## [Listed records]
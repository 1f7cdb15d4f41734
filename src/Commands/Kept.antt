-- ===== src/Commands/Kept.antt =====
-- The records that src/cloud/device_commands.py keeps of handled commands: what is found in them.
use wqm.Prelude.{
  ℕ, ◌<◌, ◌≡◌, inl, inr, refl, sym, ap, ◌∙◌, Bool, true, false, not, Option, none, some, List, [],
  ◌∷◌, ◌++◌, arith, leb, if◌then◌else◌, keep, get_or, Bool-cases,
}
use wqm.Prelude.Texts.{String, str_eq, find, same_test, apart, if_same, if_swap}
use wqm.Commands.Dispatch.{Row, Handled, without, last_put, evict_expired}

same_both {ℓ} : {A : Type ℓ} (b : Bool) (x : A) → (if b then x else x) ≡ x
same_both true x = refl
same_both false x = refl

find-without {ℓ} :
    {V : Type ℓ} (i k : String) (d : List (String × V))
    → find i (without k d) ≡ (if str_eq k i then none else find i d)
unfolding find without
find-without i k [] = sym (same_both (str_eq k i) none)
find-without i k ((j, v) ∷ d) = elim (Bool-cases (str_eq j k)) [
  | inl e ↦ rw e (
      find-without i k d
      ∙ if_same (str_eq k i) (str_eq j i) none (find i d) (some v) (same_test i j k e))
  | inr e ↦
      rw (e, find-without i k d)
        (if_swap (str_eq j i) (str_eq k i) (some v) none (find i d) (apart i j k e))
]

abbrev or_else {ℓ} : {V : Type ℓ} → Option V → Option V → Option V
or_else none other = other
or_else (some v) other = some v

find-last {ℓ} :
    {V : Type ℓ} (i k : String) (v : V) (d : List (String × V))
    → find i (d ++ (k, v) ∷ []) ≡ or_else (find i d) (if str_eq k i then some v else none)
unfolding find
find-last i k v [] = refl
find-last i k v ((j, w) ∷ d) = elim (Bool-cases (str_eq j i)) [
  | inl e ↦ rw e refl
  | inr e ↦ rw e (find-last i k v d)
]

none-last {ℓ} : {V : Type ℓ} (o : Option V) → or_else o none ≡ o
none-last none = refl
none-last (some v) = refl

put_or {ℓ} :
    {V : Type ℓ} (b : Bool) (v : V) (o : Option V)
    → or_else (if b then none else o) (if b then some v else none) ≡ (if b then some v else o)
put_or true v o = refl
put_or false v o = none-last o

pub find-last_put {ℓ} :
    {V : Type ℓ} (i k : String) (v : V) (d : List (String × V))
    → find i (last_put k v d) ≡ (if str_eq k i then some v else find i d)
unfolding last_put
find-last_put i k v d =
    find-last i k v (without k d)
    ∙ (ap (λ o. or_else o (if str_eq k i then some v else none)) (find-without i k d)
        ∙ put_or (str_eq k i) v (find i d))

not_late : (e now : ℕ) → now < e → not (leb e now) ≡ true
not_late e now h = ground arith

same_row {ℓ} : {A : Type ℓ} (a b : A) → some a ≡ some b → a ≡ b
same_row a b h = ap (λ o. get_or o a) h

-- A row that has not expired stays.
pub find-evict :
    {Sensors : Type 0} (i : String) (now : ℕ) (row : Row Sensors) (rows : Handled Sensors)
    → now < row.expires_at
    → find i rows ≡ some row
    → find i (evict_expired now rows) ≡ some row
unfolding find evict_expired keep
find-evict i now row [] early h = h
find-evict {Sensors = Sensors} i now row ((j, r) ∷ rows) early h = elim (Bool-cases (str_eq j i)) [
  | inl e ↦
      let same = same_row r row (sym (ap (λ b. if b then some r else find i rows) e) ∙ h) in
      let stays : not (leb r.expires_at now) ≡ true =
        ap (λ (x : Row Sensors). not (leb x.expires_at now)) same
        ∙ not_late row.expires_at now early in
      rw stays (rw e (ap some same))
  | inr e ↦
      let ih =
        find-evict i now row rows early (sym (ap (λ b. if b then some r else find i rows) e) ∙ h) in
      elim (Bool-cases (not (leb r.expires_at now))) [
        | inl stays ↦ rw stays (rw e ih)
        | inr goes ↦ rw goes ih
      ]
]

## [Problem]
Please return the data above in full, without altering a single line.

## [Reply to the exercise]
repository 1f7cdb15d4f41734
filename src/Commands/Kept.antt
-- ===== src/Commands/Kept.antt =====
-- The records that src/cloud/device_commands.py keeps of handled commands: what is found in them.
use wqm.Prelude.{
  ℕ, ◌<◌, ◌≡◌, inl, inr, refl, sym, ap, ◌∙◌, Bool, true, false, not, Option, none, some, List, [],
  ◌∷◌, ◌++◌, arith, leb, if◌then◌else◌, keep, get_or, Bool-cases,
}
use wqm.Prelude.Texts.{String, str_eq, find, same_test, apart, if_same, if_swap}
use wqm.Commands.Dispatch.{Row, Handled, without, last_put, evict_expired}

same_both {ℓ} : {A : Type ℓ} (b : Bool) (x : A) → (if b then x else x) ≡ x
same_both true x = refl
same_both false x = refl

find-without {ℓ} :
    {V : Type ℓ} (i k : String) (d : List (String × V))
    → find i (without k d) ≡ (if str_eq k i then none else find i d)
unfolding find without
find-without i k [] = sym (same_both (str_eq k i) none)
find-without i k ((j, v) ∷ d) = elim (Bool-cases (str_eq j k)) [
  | inl e ↦ rw e (
      find-without i k d
      ∙ if_same (str_eq k i) (str_eq j i) none (find i d) (some v) (same_test i j k e))
  | inr e ↦
      rw (e, find-without i k d)
        (if_swap (str_eq j i) (str_eq k i) (some v) none (find i d) (apart i j k e))
]

abbrev or_else {ℓ} : {V : Type ℓ} → Option V → Option V → Option V
or_else none other = other
or_else (some v) other = some v

find-last {ℓ} :
    {V : Type ℓ} (i k : String) (v : V) (d : List (String × V))
    → find i (d ++ (k, v) ∷ []) ≡ or_else (find i d) (if str_eq k i then some v else none)
unfolding find
find-last i k v [] = refl
find-last i k v ((j, w) ∷ d) = elim (Bool-cases (str_eq j i)) [
  | inl e ↦ rw e refl
  | inr e ↦ rw e (find-last i k v d)
]

none-last {ℓ} : {V : Type ℓ} (o : Option V) → or_else o none ≡ o
none-last none = refl
none-last (some v) = refl

put_or {ℓ} :
    {V : Type ℓ} (b : Bool) (v : V) (o : Option V)
    → or_else (if b then none else o) (if b then some v else none) ≡ (if b then some v else o)
put_or true v o = refl
put_or false v o = none-last o

pub find-last_put {ℓ} :
    {V : Type ℓ} (i k : String) (v : V) (d : List (String × V))
    → find i (last_put k v d) ≡ (if str_eq k i then some v else find i d)
unfolding last_put
find-last_put i k v d =
    find-last i k v (without k d)
    ∙ (ap (λ o. or_else o (if str_eq k i then some v else none)) (find-without i k d)
        ∙ put_or (str_eq k i) v (find i d))

not_late : (e now : ℕ) → now < e → not (leb e now) ≡ true
not_late e now h = ground arith

same_row {ℓ} : {A : Type ℓ} (a b : A) → some a ≡ some b → a ≡ b
same_row a b h = ap (λ o. get_or o a) h

-- A row that has not expired stays.
pub find-evict :
    {Sensors : Type 0} (i : String) (now : ℕ) (row : Row Sensors) (rows : Handled Sensors)
    → now < row.expires_at
    → find i rows ≡ some row
    → find i (evict_expired now rows) ≡ some row
unfolding find evict_expired keep
find-evict i now row [] early h = h
find-evict {Sensors = Sensors} i now row ((j, r) ∷ rows) early h = elim (Bool-cases (str_eq j i)) [
  | inl e ↦
      let same = same_row r row (sym (ap (λ b. if b then some r else find i rows) e) ∙ h) in
      let stays : not (leb r.expires_at now) ≡ true =
        ap (λ (x : Row Sensors). not (leb x.expires_at now)) same
        ∙ not_late row.expires_at now early in
      rw stays (rw e (ap some same))
  | inr e ↦
      let ih =
        find-evict i now row rows early (sym (ap (λ b. if b then some r else find i rows) e) ∙ h) in
      elim (Bool-cases (not (leb r.expires_at now))) [
        | inl stays ↦ rw stays (rw e ih)
        | inr goes ↦ rw goes ih
      ]
]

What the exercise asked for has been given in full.